Шумахер с ужасом отступил от чудовища, к которому подходил почти с гордостью, что подобен ему. Устыдившись, он закрыл лицо руками; глаза его наполнились слезами негодования не на род человеческий, но на самого себя. Его благородное, великодушное сердце ужаснулось ненависти, которую он так долго питал к людям, когда увидел ее, как в страшном зеркале, в сердце Гана Исландца.
— Ну, ненавистник людей, — смеясь, спросило чудовище, — осмелишься ли ты теперь хвастаться, что похож на меня?
Старик задрожал.
— Боже мой! Чем ненавидеть их, как ты, скорее я стану любить их.
Стража увела чудовище в более надежную тюрьму. Погрузившись в задумчивость, Шумахер остался один в башне, где уже не было ни одного врага человечества.
XLVIII
Роковой час настал. В Мункгольском замке стража повсюду удвоена, перед каждой дверью молча и угрюмо прохаживаются часовые. Взволнованный город суетливо спешит к мрачным башням крепости, в которой царит необычайное волнение. На каждом дворе слышится погребальный бой барабанов, затянутых трауром. По временам из нижней башни раздаются пушечные выстрелы, тяжелый колокол крепости медленно раскачивается, издавая тяжелый, протяжный звон, а со всех концов гавани спешат к страшному утесу лодки, переполненные народом.
На крепостной площади, окруженный взводом солдат, высится обитый трауром эшафот, к которому ежеминутно прибывает и в нетерпеливом ожидании теснится толпа.
На помосте эшафота прохаживается палач в красной шерстяной одежде, то опираясь на секиру, которую держит в руках, то переворачивая плаху и плетенку помоста. Невдалеке сложен костер, близ него пылают несколько смоляных факелов. Между эшафотом и костром вбит в землю кол с надписью: «Орденер Гульденлью изменник!» С крепостной площади виднеется развевающийся над Шлезвигской башней большой черный флаг.
В эту минуту осужденный Орденер снова явился перед трибуналом, до сих пор не покидавшем залу суда. Не было только епископа, обязанности которого, как защитника, кончились.
Сын вице-короля был в черной одежде с цепью ордена Даннеброга на шее. Лицо его бледно, но величественно. Он был один, так как его повели на казнь из темницы, прежде чем успел вернуться к нему священник Афанасий Мюндер.
Внутренно Орденер уже примирился с своей судьбой. Но все же супруг Этели не без горечи помышлял о жизни и, быть может, для первой брачной ночи хотел бы избрать не такую мрачную, как ночь в могиле. В темнице он молился и мечтал, теперь стоит у предела всех молитв и мечтаний. Но твердость и мужество, внушенные ему Богом и любовью, не покидают его ни на минуту.
Толпа, менее хладнокровная, чем осужденный, глядела на него с жадным вниманием. Его высокий сан, его жестокая участь возбуждали всеобщую зависть и сожаление.

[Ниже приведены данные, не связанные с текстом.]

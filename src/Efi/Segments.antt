-- ===== src/Efi/Segments.antt =====
-- One segment of the kernel in boot/efi/loader.c: where its bytes come to lie, and what else changes.
use mantle_os.Base.{
  ℕ, Bool, ◌+◌, ◌*◌, ◌≤◌, ◌<◌, ◌≡◌, refl, ◌⊎◌, inl, inr, true, false, Option, none, some, List, [],
  ◌∷◌, arith, Bool-cases, ◌==◌, u64_mod, ap, subst, ◌∙◌, ◌-◌,
}
use mantle_os.Memory.{Returns, Region}
use mantle_os.Memory.Overlay.{overlay}
use mantle_os.Boot.Reads.{IsBytes}
use mantle_os.Elf.Copy.{clear_bytes-overlay, copy_bytes-overlay}
use mantle_os.Efi.{
  Elf64Program, Extent, Machine, AllocateAddress, pages_of, fill_segment, allocated, load_segment,
  segment_rejected,
}

-- The pages from `a` on are among those of the list.
abbrev pub Has : ℕ → ℕ → List Extent → Type 0
Has a n [] = ⊥
Has a n ((b, k) ∷ l) = ((a ≡ b) × (n ≡ k)) ⊎ Has a n l

-- The pages from `a` on meet none of the list.
abbrev pub Apart : ℕ → ℕ → List Extent → Type 0
Apart a n [] = Unit {0}
Apart a n ((b, k) ∷ l) = ((a + n * 0x1000 ≤ b) ⊎ (b + k * 0x1000 ≤ a)) × Apart a n l

-- The byte at `j` lies in none of the pages of the list.
abbrev pub Outside : ℕ → List Extent → Type 0
Outside j [] = Unit {0}
Outside j ((b, k) ∷ l) = ((j < b) ⊎ (b + k * 0x1000 ≤ j)) × Outside j l

-- What the firmware promises of AllocatePages: only pages that exist are handed out, at least one,
-- and none twice.
pub record IsAllocator (allocate : AllocateAddress) (memory : ℕ) : Type 0 where
  pub some_page :
      (taken : List Extent) (address n granted : ℕ)
      → allocate taken address n ≡ some granted
      → 0 < n
  pub exists :
      (taken : List Extent) (address n granted : ℕ)
      → allocate taken address n ≡ some granted
      → granted + n * 0x1000 ≤ memory
  pub apart :
      (taken : List Extent) (address n granted : ℕ)
      → allocate taken address n ≡ some granted
      → Apart granted n taken

-- The segment's bytes lie where its header says, and zeros behind them.
pub record InMemory (image : Region) (program : Elf64Program) (ram : Region) : Type 0 where
  pub bytes :
      (k : ℕ) → k < program.filesz → ram.byte (program.paddr + k) ≡ image.byte (program.offset + k)
  pub zeros : (k : ℕ) → program.filesz ≤ k → k < program.memsz → ram.byte (program.paddr + k) ≡ 0

-- The segment is in memory, in pages that the loader was given.
abbrev pub Held : Region → Elf64Program → Machine → Type 0
Held image program m =
    InMemory image program m.ram
    × Has program.paddr (pages_of program) m.taken
    × (program.memsz ≤ pages_of program * 0x1000)
    × (program.filesz ≤ program.memsz)

-- From `m` to `m'` the loader was given further pages, and has written only to them.
pub record Grown (m m' : Machine) : Type 0 where
  pub size : m'.ram.size ≡ m.ram.size
  pub kept : (j : ℕ) → Outside j m'.taken → m'.ram.byte j ≡ m.ram.byte j
  pub others : (j : ℕ) → Outside j m'.taken → Outside j m.taken
  pub bytes : IsBytes m.ram → IsBytes m'.ram
  pub held :
      (image : Region) (program : Elf64Program) → Held image program m → Held image program m'

pub Grown-refl : (m : Machine) → Grown m m
Grown-refl m = record {
  size = refl;
  kept = λ j out. refl;
  others = λ j out. out;
  bytes = λ b. b;
  held = λ image program h. h;
}

Apart-Has :
    (a n b k : ℕ) (l : List Extent)
    → Apart a n l
    → Has b k l
    → (a + n * 0x1000 ≤ b) ⊎ (b + k * 0x1000 ≤ a)
Apart-Has a n b k [] apart has = absurd has
Apart-Has a n b k ((c, i) ∷ l) apart (inl e) = ground arith
Apart-Has a n b k ((c, i) ∷ l) apart (inr has) = Apart-Has a n b k l apart.1 has

-- The memory after a segment was placed.
abbrev filled : Region → Elf64Program → (ℕ → ℕ) → ℕ → ℕ
filled image program f =
    overlay (overlay f program.paddr (pages_of program * 0x1000) (λ k. 0)) program.paddr
      program.filesz (λ k. image.byte (program.offset + k))

filled-InMemory :
    (image : Region) (program : Elf64Program) (ram : Region) (f : ℕ → ℕ)
    → program.memsz ≤ pages_of program * 0x1000
    → InMemory image program (record ram { byte = filled image program f })
filled-InMemory image program ram f fits = record {
  bytes = λ k h. ground (arith, ap image.byte (same k));
  zeros = λ k h j. ground arith;
}
  where
    same : (k : ℕ) → program.offset + (program.paddr + k - program.paddr) ≡ program.offset + k
    same k = omega arith

filled_elsewhere :
    (image : Region) (program : Elf64Program) (f : ℕ → ℕ) (j : ℕ)
    → program.filesz ≤ program.memsz
    → program.memsz ≤ pages_of program * 0x1000
    → (j < program.paddr) ⊎ (program.paddr + pages_of program * 0x1000 ≤ j)
    → filled image program f j ≡ f j
filled_elsewhere image program f j files fits far = ground arith

-- A segment that was in memory is not touched by one in pages apart from its own.
filled-Held :
    (image : Region) (program : Elf64Program) (m : Machine) (ram' : Region)
    → ram'.byte ≡ filled image program m.ram.byte
    → program.filesz ≤ program.memsz
    → program.memsz ≤ pages_of program * 0x1000
    → Apart program.paddr (pages_of program) m.taken
    → (image' : Region) (old : Elf64Program) → Held image' old m
    → InMemory image' old ram'
filled-Held image program m ram' e files fits apart image' old (h, has, room, some_file) = record {
  bytes = λ k below. rw e (
      filled_elsewhere image program m.ram.byte (old.paddr + k) files fits (inside k (omega arith))
      ∙ h.bytes k below);
  zeros = λ k above below. rw e (
      filled_elsewhere image program m.ram.byte (old.paddr + k) files fits (inside k below)
      ∙ h.zeros k above below);
}
  where
    inside :
        (k : ℕ)
        → k < old.memsz
        → (old.paddr + k < program.paddr)
          ⊎ (program.paddr + pages_of program * 0x1000 ≤ old.paddr + k)
    inside k below = ground (
      arith,
      Apart-Has program.paddr (pages_of program) old.paddr (pages_of old) m.taken apart has,
    )

abbrev pub StepOutcome : Region → Elf64Program → Machine → Machine × Bool → Type 0
StepOutcome image program m (m', false) = Grown m m'
StepOutcome image program m (m', true) = Grown m m' × (program.type ≡ 1 → Held image program m')

fill_segment-StepOutcome :
    (image : Region) (program : Elf64Program) (m : Machine)
    → IsBytes image
    → program.filesz ≤ program.memsz
    → program.memsz ≤ pages_of program * 0x1000
    → program.paddr + pages_of program * 0x1000 ≤ m.ram.size
    → program.offset + program.filesz ≤ image.size
    → Apart program.paddr (pages_of program) m.taken
    → Returns
        (fill_segment image program
          (record m { taken = (program.paddr, pages_of program) ∷ m.taken }))
        (StepOutcome image program m)
unfolding fill_segment
fill_segment-StepOutcome image program m image_bytes files fits room inside apart =
    let n = pages_of program in
    let cleared : Region = record m.ram {
      byte = overlay m.ram.byte program.paddr (n * 0x1000) (λ k. 0);
    } in
    rw
      (
        clear_bytes-overlay (n * 0x1000) m.ram program.paddr room,
        copy_bytes-overlay program.filesz cleared program.paddr image program.offset (omega arith)
            inside,
      )
      (
        record {
          size = refl;
          kept = λ j out. filled_elsewhere image program m.ram.byte j files fits out.0;
          others = λ j out. out.1;
          bytes = λ b i. ground (arith, b i, image_bytes (program.offset + (i - program.paddr)));
          held = λ image' old h.
              (filled-Held image program m _ refl files fits apart image' old h, inr h.1, h.2, h.3);
        },
        λ type.
            (filled-InMemory image program m.ram m.ram.byte fits, inl (refl, refl), fits, files),
      )

granted_again : (m : Machine) (a n : ℕ) → Grown m (record m { taken = (a, n) ∷ m.taken })
granted_again m a n = record {
  size = refl;
  kept = λ j out. refl;
  others = λ j out. out.1;
  bytes = λ b. b;
  held = λ image program (h, has, rest, files). (h, inr has, rest, files);
}

-- What the two tests of a segment ensure.
segment_accepted :
    (program : Elf64Program) (size : ℕ)
    → segment_rejected program size ≡ false
    → program.filesz < u64_mod
    → program.memsz < u64_mod
    → program.memsz ≤ 0x10_0000_0000_0000
    → size < 0x8000_0000_0000_0000
    → (program.filesz ≤ program.memsz) × (program.offset + program.filesz ≤ size)
unfolding segment_rejected
segment_accepted program size e small bound near image = ground arith

module _ (allocate : AllocateAddress) (image : Region) (small : image.size < 0x8000_0000_0000_0000)
    (image_bytes : IsBytes image) where
  allocated-StepOutcome :
      (program : Elf64Program) (m : Machine) (granted : Option ℕ)
      → segment_rejected program image.size ≡ false
      → program.filesz < u64_mod
      → program.memsz < u64_mod
      → m.ram.size ≤ 0x10_0000_0000_0000
      → IsAllocator allocate m.ram.size
      → allocate m.taken program.paddr (pages_of program) ≡ granted
      → Returns (allocated image program m granted) (StepOutcome image program m)
  unfolding allocated
  allocated-StepOutcome program m none accepted files memory ram sound e = Grown-refl m
  allocated-StepOutcome program m (some address) accepted files memory ram sound e =
      elim (Bool-cases (address == program.paddr)) [
        | inr other ↦ rw other (granted_again m address (pages_of program))
        | inl same ↦
            let here : address ≡ program.paddr = ground arith in
            let page = sound.some_page m.taken program.paddr (pages_of program) address e in
            let room = sound.exists m.taken program.paddr (pages_of program) address e in
            let parts =
              segment_accepted program image.size accepted files memory (omega arith) small in
            rw (same, here)
              (fill_segment-StepOutcome image program m image_bytes parts.0 (omega arith)
                (omega arith) parts.1
                (subst (λ a. Apart a (pages_of program) m.taken) here
                  (sound.apart m.taken program.paddr (pages_of program) address e)))
      ]

  pub load_segment-StepOutcome :
      (program : Elf64Program) (m : Machine)
      → program.filesz < u64_mod
      → program.memsz < u64_mod
      → m.ram.size ≤ 0x10_0000_0000_0000
      → IsAllocator allocate m.ram.size
      → Returns (load_segment allocate image program m) (StepOutcome image program m)
  unfolding load_segment
  load_segment-StepOutcome program m files memory ram sound =
      elim (Bool-cases (program.type == 1)) [
        | inr other ↦ rw other (Grown-refl m, λ type. ground arith)
        | inl load ↦ rw load (elim (Bool-cases (segment_rejected program image.size)) [
          | inl bad ↦ rw bad (Grown-refl m)
          | inr good ↦ rw good (
              allocated-StepOutcome program m (allocate m.taken program.paddr (pages_of program))
                good files memory ram sound refl)
        ])
      ]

Каждый хотел присутствовать при совершении казни, не стараясь выяснить себе его вину.
Страшное чувство врождено человеку, чувство, влекущее его к зрелищу смертной казни, как на празднество. С ужасающей настойчивостью пытается он уловить мысль на изменившемся лице приговоренного к смерти, как бы надеясь, что в эту торжественную минуту блеснет в глазах несчастного какое-нибудь откровение неба или ада, как бы желая увидеть тень, которую бросает от себя крыло смерти, спускающееся на человеческую голову; как бы стремясь уловить, что станется с человеком, когда покинет его последняя надежда.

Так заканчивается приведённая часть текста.